Hillary Birch is a PhD student in Environmental Studies in the Faculty of Environmental and Urban Change at York University where she is a SSHRC Doctoral Fellow and a Dahdaleh Global Health Graduate Scholar. She holds a Master’s degree in urban governance from Sciences Po, in Paris, France where she studied the urban governance of Ebola in Monrovia, Liberia. She also holds a Master’s degree in Political Science from McGill University. Hillary has worked in various roles related to global health concerning sexual and reproductive health and early child development. Her PhD explores how projects of global health intersect with processes of urbanization that shape flows of water in a city and change its quality.  

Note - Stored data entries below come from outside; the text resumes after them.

-- ===== src/Echo/Watched.antt =====
-- What the rounds of the `select` server keep watching.
use mathlib.Core.Path.{subst}
use network_ex.Common.{
  ℕ, zero, suc, ◌+◌, ◌≤◌, ◌<◌, ◌≡◌, refl, ◌∙◌, ◌⊎◌, inl, inr, Option, none, some, List, [], ◌∷◌,
  true, false, ltb, if◌then◌else◌, arith, Option-cases, Bool-cases,
}
use network_ex.Common.Bytes.{c_string, filled}
use network_ex.Common.Int.{ℤ}
use network_ex.Echo.NonBlocking.{Output, write, close}
use network_ex.Echo.Select.{
  line_size, set_size, FdSet, fd_set_to, Server, start, Events, Served, decrement, below_zero,
  then_output, is_quit, serve_ready, Turn, select_round, select_run,
}

-- No entry is set, and that of a descriptor that is not ready stays.
abbrev Keeps : Events → FdSet → FdSet → Type 0
Keeps ev fds fds' =
    (j : ℕ) → (fds' j ≡ true → fds j ≡ true) × (ev.allfds j ≡ false → fds' j ≡ fds j)

closed-Keeps :
    (ev : Events) (fds : FdSet) (i : ℕ) → ev.allfds i ≡ true → Keeps ev fds (fd_set_to fds i false)
unfolding fd_set_to
closed-Keeps ev fds i ready j = (λ h. ground arith, λ h. ground arith)

Keeps-trans : (ev : Events) (a b c : FdSet) → Keeps ev a b → Keeps ev b c → Keeps ev a c
Keeps-trans ev a b c ab bc j = (λ h. (ab j).0 ((bc j).0 h), λ h. (bc j).1 h ∙ (ab j).1 h)

then_output-some :
    (o : Output) (x : Option Served) (served : Served)
    → then_output o x ≡ some served
    → (more : Served) × (x ≡ some more) × (more.readfds ≡ served.readfds)
then_output-some o none served h = absurd (ground arith)
then_output-some o (some more) served h = (more, refl, ground arith)

-- What the round of a ready descriptor comes to: the loop ends, or goes on, with the connection
-- closed or not.
abbrev Outcome : Events → ℕ → ℕ → FdSet → Served → Type 0
Outcome ev n i fds served =
    (Unit {0} × (fd_set_to fds i false ≡ served.readfds))
    ⊎ ((Unit {0} × (fds ≡ served.readfds))
        ⊎ (((z : ℤ) × (more : Served) × (serve_ready ev n (i + 1) z (fd_set_to fds i false)
                ≡ some more)
              × (more.readfds ≡ served.readfds))
            ⊎ ((z : ℤ) × (more : Served) × (serve_ready ev n (i + 1) z fds ≡ some more)
                × (more.readfds ≡ served.readfds))))

closing-Outcome :
    (ev : Events) (n i : ℕ) (z : ℤ) (fds : FdSet) (served : Served)
    → (below_zero z ≡ true
        → then_output (close i) (some (record { readfds = fd_set_to fds i false; outputs = [] }))
          ≡ some served)
    → (below_zero z ≡ false
        → then_output (close i) (serve_ready ev n (i + 1) z (fd_set_to fds i false)) ≡ some served)
    → Outcome ev n i fds served
closing-Outcome ev n i z fds served ends goes = elim (Bool-cases (below_zero z)) [
  | inl stop ↦ inl (tt, ground (arith, ends stop))
  | inr go ↦
      let (more, e, same) =
        then_output-some (close i) (serve_ready ev n (i + 1) z (fd_set_to fds i false)) served
          (goes go) in
      inr (inr (inl (z, more, e, same)))
]

serve_ready-ready :
    (ev : Events) (n i : ℕ) (fd_num : ℤ) (fds : FdSet) (served : Served)
    → ev.allfds i ≡ true
    → serve_ready ev (suc n) i fd_num fds ≡ some served
    → Outcome ev n i fds served
unfolding serve_ready
serve_ready-ready ev n i fd_num fds served ready h =
    let z : ℤ = decrement fd_num in
    elim (Option-cases (ev.reads i)) [
      | inl lost ↦ closing-Outcome ev n i z fds served (λ b. ground arith) (λ b. ground arith)
      | inr ([], e) ↦ closing-Outcome ev n i z fds served (λ b. ground arith) (λ b. ground arith)
      | inr (b ∷ bs, e) ↦ elim (Bool-cases (is_quit (filled line_size (b ∷ bs)))) [
        | inl quit ↦ inl (tt, ground arith)
        | inr stays ↦ elim (Option-cases (c_string (filled line_size (b ∷ bs)))) [
          | inl overrun ↦ absurd (ground arith)
          | inr (text, t) ↦ elim (Bool-cases (below_zero z)) [
            | inl stop ↦ inr (inl (tt, ground arith))
            | inr go ↦
                let (more, e, same) =
                  then_output-some (write i text) (serve_ready ev n (i + 1) z fds) served
                    (ground arith) in
                inr (inr (inr (z, more, e, same)))
          ]
        ]
      ]
    ]

serve_ready-Keeps :
    (ev : Events) (n i : ℕ) (fd_num : ℤ) (fds : FdSet) (served : Served)
    → serve_ready ev n i fd_num fds ≡ some served
    → Keeps ev fds served.readfds
unfolding serve_ready
serve_ready-Keeps ev zero i fd_num fds served h = λ j. ground arith
serve_ready-Keeps ev (suc n) i fd_num fds served h = elim (Bool-cases (ev.allfds i)) [
  | inr idle ↦ serve_ready-Keeps ev n (i + 1) fd_num fds served (ground arith)
  | inl ready ↦
      let closed : FdSet = fd_set_to fds i false in
      let kept : Keeps ev fds closed = closed-Keeps ev fds i ready in
      elim (serve_ready-ready ev n i fd_num fds served ready h) [
        | inl (none_read, e) ↦ subst (Keeps ev fds) e kept
        | inr (inl (none_read, e)) ↦ subst (Keeps ev fds) e (λ j. (λ one. one, λ idle. refl))
        | inr (inr (inl (z, more, e, same))) ↦ subst (Keeps ev fds) same (
            Keeps-trans ev fds closed more.readfds kept
              (serve_ready-Keeps ev n (i + 1) z closed more e))
        | inr (inr (inr (z, more, e, same))) ↦
            subst (Keeps ev fds) same (serve_ready-Keeps ev n (i + 1) z fds more e)
      ]
]

-- The listening socket is watched, and everything that is watched is within the bound of the loop.
pub record IsWatching (listen_fd : ℕ) (s : Server) : Type 0 where
  pub listening : s.readfds listen_fd ≡ true
  pub in_set : s.maxfd < set_size
  pub bounded : (i : ℕ) → s.readfds i ≡ true → i ≤ s.maxfd

watch-IsWatching :
    (listen_fd client_fd : ℕ) (s : Server)
    → IsWatching listen_fd s
    → client_fd < set_size
    → IsWatching listen_fd (record {
      readfds = fd_set_to s.readfds client_fd true;
      maxfd = if ltb s.maxfd client_fd then client_fd else s.maxfd;
    })
unfolding fd_set_to
watch-IsWatching listen_fd client_fd s w small = record {
  listening = ground (arith, w.listening);
  in_set = ground (arith, w.in_set);
  bounded = λ i h. ground (arith, w.bounded i);
}

select_round-IsWatching :
    (listen_fd : ℕ) (s : Server) (ev : Events) (turn : Turn)
    → IsWatching listen_fd s
    → select_round listen_fd s ev ≡ some turn
    → IsWatching listen_fd turn.server
unfolding select_round
select_round-IsWatching listen_fd s ev turn w h = elim (Bool-cases (ev.allfds listen_fd)) [
  | inl connection ↦ elim (Option-cases ev.accepted) [
    | inl failed ↦ absurd (ground arith)
    | inr (client_fd, e) ↦
        let same : record {
          readfds = fd_set_to s.readfds client_fd true;
          maxfd = if ltb s.maxfd client_fd then client_fd else s.maxfd;
        }
            ≡ turn.server =
          ground arith in
        subst (IsWatching listen_fd) same (watch-IsWatching listen_fd client_fd s w (ground arith))
  ]
  | inr other ↦ elim (Option-cases (serve_ready ev (s.maxfd + 1) 0 ev.fd_num s.readfds)) [
    | inl overrun ↦ absurd (ground arith)
    | inr (served, e) ↦
        let kept : Keeps ev s.readfds served.readfds =
          serve_ready-Keeps ev (s.maxfd + 1) 0 ev.fd_num s.readfds served e in
        let same : record s { readfds = served.readfds } ≡ turn.server = ground arith in
        subst (IsWatching listen_fd) same (record {
          listening = (kept listen_fd).1 other ∙ w.listening;
          in_set = w.in_set;
          bounded = λ i h. w.bounded i ((kept i).0 h);
        })
  ]
]

select_run-IsWatching :
    (listen_fd : ℕ) (s s' : Server) (events : List Events)
    → IsWatching listen_fd s
    → select_run listen_fd s events ≡ some s'
    → IsWatching listen_fd s'
unfolding select_run
select_run-IsWatching listen_fd s s' [] w h =
    let same : s ≡ s' = ground arith in subst (IsWatching listen_fd) same w
select_run-IsWatching listen_fd s s' (ev ∷ rest) w h =
    elim (Option-cases (select_round listen_fd s ev)) [
      | inl overrun ↦ absurd (ground arith)
      | inr (turn, e) ↦
          select_run-IsWatching listen_fd turn.server s' rest
            (select_round-IsWatching listen_fd s ev turn w e) (ground arith)
    ]

start-IsWatching : (listen_fd : ℕ) → listen_fd < set_size → IsWatching listen_fd (start listen_fd)
unfolding start fd_set_to
start-IsWatching listen_fd small = record {
  listening = ground arith;
  in_set = small;
  bounded = λ i h. ground arith;
}

-- From a listening socket that fits an `fd_set`, after any rounds that overrun nothing, whatever the
-- kernel answers in them: the listening socket is still watched, and everything that is watched is
-- within the bound that `select` and the loop are given, which fits an `fd_set` too.
pub select_run_watches :
    (listen_fd : ℕ) (events : List Events) (s : Server)
    → listen_fd < set_size
    → select_run listen_fd (start listen_fd) events ≡ some s
    → (s.readfds listen_fd ≡ true)
      × (s.maxfd < set_size)
      × ((i : ℕ) → s.readfds i ≡ true → i ≤ s.maxfd)
select_run_watches listen_fd events s small h =
    let w =
      select_run-IsWatching listen_fd (start listen_fd) s events (start-IsWatching listen_fd small)
        h in
    (w.listening, w.in_set, w.bounded)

Anelisa Geca is currently pursuing an MSc in Construction Project Management at the School of Construction Economics and Management from the University of the Witwatersrand. She holds an undergraduate honours degree in Urban and Regional Planning from the University of the Witwatersrand where she also worked as a research assistant. Anelisa is interested in studying what shapes urban spaces, the roles different players take in developing cities, and how to make cities more accessible. She is also interested in understanding the role of construction in shaping urban space, including how design, construction, development, and related environmental policies change urban life.

Brian Murahwa is a social scientist with particular interests in interdisciplinary urban research. Brian recently completed his PhD in Urban and Regional Planning from the University of the Witwatersrand. His research interests lie at the intersection of theory and practice in the fields of urban planning and management; migration, labour market dynamics; religious urbanism; public health, and urban violence. His PhD research explored the intersection of Pentecostal religion and urban space in the making of everyday city life in Johannesburg.

Rupita Tahsin is a PhD student in Geography and Planning at Michigan State University. She holds a Bachelor’s degree in Urban and Regional Planning from the Bangladesh University of Engineering and Technology and a Master’s in Environmental Economics from Dhaka School of Economics, Dhaka University. Previously, she worked at the United Nation Development Program on the LIUPC (Livelihoods Improvement of Urban Poor Communities) project as a Program Officer. Rupita’s PhD research examines how migrants are vulnerable towards climate change, including the role of built environment design in mitigating climate change impact and associated health risks for coastal urban communities in South Asian cities.